▶ [TASK DESCRIPTION] Filter these entries, keeping only lines that hold the word "Type".

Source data
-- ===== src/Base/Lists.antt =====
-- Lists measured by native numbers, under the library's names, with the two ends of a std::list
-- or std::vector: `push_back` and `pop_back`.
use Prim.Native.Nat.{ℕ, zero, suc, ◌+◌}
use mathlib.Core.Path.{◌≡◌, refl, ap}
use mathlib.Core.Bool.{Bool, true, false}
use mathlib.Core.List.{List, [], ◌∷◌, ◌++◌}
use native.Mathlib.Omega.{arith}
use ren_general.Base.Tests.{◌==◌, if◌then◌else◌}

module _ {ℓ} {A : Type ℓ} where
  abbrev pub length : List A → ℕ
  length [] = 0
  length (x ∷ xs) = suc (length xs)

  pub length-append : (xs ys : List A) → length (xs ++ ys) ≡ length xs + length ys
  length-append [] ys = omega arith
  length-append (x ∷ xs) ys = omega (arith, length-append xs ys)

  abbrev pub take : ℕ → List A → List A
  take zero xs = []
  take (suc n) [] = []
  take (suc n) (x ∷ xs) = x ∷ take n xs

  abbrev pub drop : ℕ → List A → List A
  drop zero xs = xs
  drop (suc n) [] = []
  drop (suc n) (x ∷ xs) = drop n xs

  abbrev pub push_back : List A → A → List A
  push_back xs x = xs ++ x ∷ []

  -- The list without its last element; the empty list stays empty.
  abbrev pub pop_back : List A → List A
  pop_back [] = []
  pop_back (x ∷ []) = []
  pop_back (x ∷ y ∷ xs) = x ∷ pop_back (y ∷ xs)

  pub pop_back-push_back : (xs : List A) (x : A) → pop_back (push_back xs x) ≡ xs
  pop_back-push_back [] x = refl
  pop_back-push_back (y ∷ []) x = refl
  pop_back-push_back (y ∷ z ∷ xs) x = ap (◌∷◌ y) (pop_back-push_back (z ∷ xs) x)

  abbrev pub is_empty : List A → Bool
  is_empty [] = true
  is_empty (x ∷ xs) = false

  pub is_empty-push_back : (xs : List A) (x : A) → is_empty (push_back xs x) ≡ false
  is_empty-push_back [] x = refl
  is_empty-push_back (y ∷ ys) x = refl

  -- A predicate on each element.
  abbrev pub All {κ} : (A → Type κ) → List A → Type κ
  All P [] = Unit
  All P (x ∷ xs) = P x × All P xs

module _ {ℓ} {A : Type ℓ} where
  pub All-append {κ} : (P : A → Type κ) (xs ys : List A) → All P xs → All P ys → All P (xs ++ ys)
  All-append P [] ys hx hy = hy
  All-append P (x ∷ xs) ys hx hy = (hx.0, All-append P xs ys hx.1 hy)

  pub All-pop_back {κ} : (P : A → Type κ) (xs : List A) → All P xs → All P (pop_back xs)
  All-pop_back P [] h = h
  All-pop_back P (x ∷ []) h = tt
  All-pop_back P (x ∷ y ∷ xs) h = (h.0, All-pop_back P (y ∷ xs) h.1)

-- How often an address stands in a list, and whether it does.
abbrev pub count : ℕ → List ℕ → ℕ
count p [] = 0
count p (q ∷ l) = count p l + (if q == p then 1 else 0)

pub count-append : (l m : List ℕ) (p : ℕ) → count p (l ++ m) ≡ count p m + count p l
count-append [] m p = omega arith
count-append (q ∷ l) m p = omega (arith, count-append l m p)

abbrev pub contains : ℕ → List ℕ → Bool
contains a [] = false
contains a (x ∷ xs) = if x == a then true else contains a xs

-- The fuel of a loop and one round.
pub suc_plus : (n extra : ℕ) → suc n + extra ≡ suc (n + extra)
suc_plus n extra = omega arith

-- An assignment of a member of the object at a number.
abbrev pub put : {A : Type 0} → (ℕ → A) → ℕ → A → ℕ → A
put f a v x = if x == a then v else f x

▶ [FINISHED TASK]
module _ {ℓ} {A : Type ℓ} where
  abbrev pub All {κ} : (A → Type κ) → List A → Type κ
module _ {ℓ} {A : Type ℓ} where
  pub All-append {κ} : (P : A → Type κ) (xs ys : List A) → All P xs → All P ys → All P (xs ++ ys)
  pub All-pop_back {κ} : (P : A → Type κ) (xs : List A) → All P xs → All P (pop_back xs)
abbrev pub put : {A : Type 0} → (ℕ → A) → ℕ → A → ℕ → A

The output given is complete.